### [Task item]
Repeat exactly the lines below that lie between the line with "state-update_other id key f same (t" and the line with "ts)) ≡ some s", counting both of those lines as part of the answer.

### [Source data]
-- -- --

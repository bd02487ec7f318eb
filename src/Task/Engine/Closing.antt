-- ===== src/Task/Engine/Closing.antt =====
-- CompleteTask, whatever its outcome.
use velm.Base.{ℕ, true, ◌≡◌, ◌⊎◌, inl, inr, refl, sym, ap, ◌∙◌, arith, Bool-cases, Option-cases}
use velm.Base.{
  Result-cases, ok, err, Option, none, some, List, [], ◌∷◌, ◌++◌, Text, txt, ◌==◌, if◌then◌else◌,
}
use mathlib.Core.Path.{subst}
use velm.Task.States.{allowed_task_transition}
use velm.Task.Model.{
  Members, Definition, SpawnRule, Task, Db, Tx, Failure, task_by_id, update_task,
  definition_by_slug, ◌>>=◌,
}
use velm.Task.Spawning.Ready.{
  Spawned, Spawned-refl, Spawns, Spawns-bind, Spawns-return, Spawns-get_task_definition,
  spawn-Spawns,
}
use velm.Task.Engine.{
  ScriptValue, live, transition_task, publish_to, publish_outputs, with_group, get_definition_id,
  read_task_variables, follow_on_of, spawn_follow_on, fire_rules, fire_spawn_rules, on_task_closed,
  set_closure_reason, complete_in_tx, complete_task,
}
use velm.Task.Engine.Transitions.{state_of, state_in, transition_task_cases}
use velm.Task.Engine.Steps.{snd_path, bind_parts, rolled_back, committed}

-- An update of rows that keeps their id, state and deletion keeps the state of every task.
state-update_other :
    (id key : Text) (f : Task → Task)
    → ((t : Task) → ((f t).id ≡ t.id) × ((f t).state ≡ t.state) × ((f t).is_deleted ≡ t.is_deleted))
    → (ts : List Task)
    → state_of (live (task_by_id id (update_task key f ts))) ≡ state_of (live (task_by_id id ts))
unfolding task_by_id update_task
state-update_other id key f same [] = refl
state-update_other id key f same (t ∷ ts) =
    let (ids, states, deleted) = same t in
    ground (arith, ids, states, deleted, state-update_other id key f same ts)

-- Rows that are added after the others change the state of no task that was there.
state-append :
    (id s : Text) (ts new : List Task)
    → state_of (live (task_by_id id ts)) ≡ some s
    → state_of (live (task_by_id id (ts ++ new))) ≡ some s
unfolding task_by_id
state-append id s [] new h = cc
state-append id s (t ∷ ts) new h = ground (arith, state-append id s ts new)

state-Spawned :
    (id s : Text) {db after : Db}
    → Spawned db after
    → state_in id db ≡ some s
    → state_in id after ≡ some s
state-Spawned id s {db} k h =
    ap (λ ts. state_of (live (task_by_id id ts))) k.tasks ∙ state-append id s db.tasks k.new h

state-publish_to :
    (id parent : Text) (outputs : Option Members) (slug : Option Text) (db : Db)
    → state_in id (publish_to parent outputs slug db) ≡ state_in id db
state-publish_to id parent none slug db = refl
state-publish_to id parent (some outputs) none db = refl
state-publish_to id parent (some outputs) (some slug) db = elim (Bool-cases (parent == [])) [
  | inl e ↦ rw e refl
  | inr e ↦ rw e (state-update_other id parent _ (λ t. (refl, refl, refl)) db.tasks)
]

Spawns-read_task_variables : (id : Text) → Spawns (read_task_variables id)
unfolding read_task_variables
Spawns-read_task_variables id = record {
  at = λ db vars after e. elim (Option-cases (task_by_id id db.tasks)) [
    | inl h ↦ cc (rw (h, read_task_variables) at e)
    | inr (t, h) ↦
        subst (Spawned db) (snd_path (rw (h, read_task_variables) at e)) (Spawned-refl db)
  ];
}

module _ (new_id : ℕ → Text) (fuel : ℕ)
    (run_script : Text → Text → Members → Text → Tx ScriptValue) where
  Spawns-follow_on_of :
      (slug : Text) (group : Option Text) (requested_by : Text) (inputs : Members)
      (d : Option Definition)
      → Spawns (follow_on_of new_id fuel run_script slug group requested_by inputs d)
  unfolding follow_on_of
  Spawns-follow_on_of slug group requested_by inputs none = record { at = λ db u after e. cc }
  Spawns-follow_on_of slug group requested_by inputs (some d) =
      Spawns-bind (Spawns-get_task_definition d.id) (λ def.
        Spawns-bind (spawn-Spawns new_id fuel (with_group group def) [] requested_by inputs)
          (λ id. Spawns-return tt))

  Spawns-spawn_follow_on :
      (slug : Text) (group : Option Text) (requested_by : Text) (inputs : Members)
      → Spawns (spawn_follow_on new_id fuel run_script slug group requested_by inputs)
  unfolding spawn_follow_on
  Spawns-spawn_follow_on slug group requested_by inputs = record {
    at = λ db u after e.
        (Spawns-follow_on_of slug group requested_by inputs
            (definition_by_slug slug db.definitions)).at
          db u after e;
  }

  Spawns-fire_rules :
      (reason actor : Text) (vars : Members) (group : Option Text) (rules : List SpawnRule)
      → Spawns (fire_rules new_id fuel run_script reason actor vars group rules)
  unfolding fire_rules
  Spawns-fire_rules reason actor vars group [] = Spawns-return tt
  Spawns-fire_rules reason actor vars group (rule ∷ rules) = record {
    at = λ db u after e. elim (Bool-cases (rule.on == reason)) [
      | inr h ↦ (Spawns-fire_rules reason actor vars group rules).at db u after (rw h at e)
      | inl h ↦
          (Spawns-bind (Spawns-spawn_follow_on rule.definition_slug _ actor _) (λ v.
              Spawns-fire_rules reason actor vars
                (if rule.assign == txt "pool" then none else group) rules)).at
            db u after (rw h at e)
    ];
  }

  Spawns-fire_spawn_rules :
      (id reason actor : Text) → Spawns (fire_spawn_rules new_id fuel run_script id reason actor)
  unfolding fire_spawn_rules
  Spawns-fire_spawn_rules id reason actor = record {
    at = λ db u after e. elim (Bool-cases (get_definition_id id db == [])) [
      | inl bare ↦
          subst (Spawned db) (snd_path (rw (bare, fire_spawn_rules) at e)) (Spawned-refl db)
      | inr made ↦
          (Spawns-bind (Spawns-get_task_definition (get_definition_id id db)) (λ def.
              Spawns-bind (Spawns-read_task_variables id)
                (λ vars. Spawns-fire_rules reason actor vars _ def.spawn_rules))).at
            db u after (rw (made, fire_spawn_rules) at e)
    ];
  }

  state-on_task_closed :
      (id actor s : Text) (db : Db) (u : Unit {0}) (after : Db)
      → state_in id db ≡ some s
      → on_task_closed new_id fuel run_script id actor db ≡ ok (u, after)
      → state_in id after ≡ some s
  unfolding on_task_closed publish_outputs
  state-on_task_closed id actor s db u after h e = elim (Option-cases (task_by_id id db.tasks)) [
    | inl missing ↦ cc
    | inr (t, found) ↦
        state-Spawned id s
          ((Spawns-fire_spawn_rules id (txt "completed") actor).at (publish_outputs t db) u after
            (rw (found, on_task_closed) at e))
          (state-publish_to id _ _ _ db ∙ h)
  ]

  completed :
      (id actor : Text) (db : Db) (u : Unit {0}) (after : Db)
      → complete_in_tx new_id fuel run_script id actor db ≡ ok (u, after)
      → (from : Text) × (state_in id db ≡ some from)
        × (allowed_task_transition from (txt "closed") ≡ true)
        × (state_in id after ≡ some (txt "closed"))
  unfolding complete_in_tx set_closure_reason
  completed id actor db u after e =
      let (v, moved, first, rest) =
        bind_parts (transition_task id (txt "closed"))
          (λ _. set_closure_reason new_id fuel run_script id >>= λ _.
            on_task_closed new_id fuel run_script id actor)
          db u after e in
      let (w, marked, second, third) =
        bind_parts (set_closure_reason new_id fuel run_script id)
          (λ _. on_task_closed new_id fuel run_script id actor) moved u after rest in
      elim (transition_task_cases id (txt "closed") db) [
        | inl (_, r) ↦ cc (sym r ∙ first)
        | inr (inl (_, _, _, r)) ↦ cc (sym r ∙ first)
        | inr (inr (from, is_from, allowed, m, r, s)) ↦ (
          from,
          is_from,
          allowed,
          state-on_task_closed id actor (txt "closed") marked u after
              (ap (state_in id) (sym (snd_path second))
                ∙ state-update_other id id _ (λ t. (refl, refl, refl)) moved.tasks
                ∙ ap (state_in id) (sym (snd_path (sym r ∙ first)))
                ∙ s)
              third,
        )
      ]

  -- Completing a task either fails and leaves the database as it was, or succeeds: then the task was
  -- there in a state from which it may be closed, and it is now closed.
  pub complete_task_outcome :
      (id actor : Text) (db : Db)
      → ((e : Failure) × (complete_task new_id fuel run_script id actor db ≡ (err e, db)))
        ⊎ ((after : Db) × (complete_task new_id fuel run_script id actor db ≡ (ok tt, after))
            × (from : Text) × (state_in id db ≡ some from)
            × (allowed_task_transition from (txt "closed") ≡ true)
            × (state_in id after ≡ some (txt "closed")))
  unfolding complete_task
  complete_task_outcome id actor db =
      elim (Result-cases (complete_in_tx new_id fuel run_script id actor db)) [
        | inl (e, h) ↦ inl (e, rolled_back (complete_in_tx new_id fuel run_script id actor) db e h)
        | inr ((u, after), h) ↦
            let (from, is_from, allowed, closed) = completed id actor db u after h in
            inr (
              after,
              committed (complete_in_tx new_id fuel run_script id actor) db u after h,
              from,
              is_from,
              allowed,
              closed,
            )
      ]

-- -- --

### [Completed task]
state-update_other id key f same (t ∷ ts) =
    let (ids, states, deleted) = same t in
    ground (arith, ids, states, deleted, state-update_other id key f same ts)

-- Rows that are added after the others change the state of no task that was there.
state-append :
    (id s : Text) (ts new : List Task)
    → state_of (live (task_by_id id ts)) ≡ some s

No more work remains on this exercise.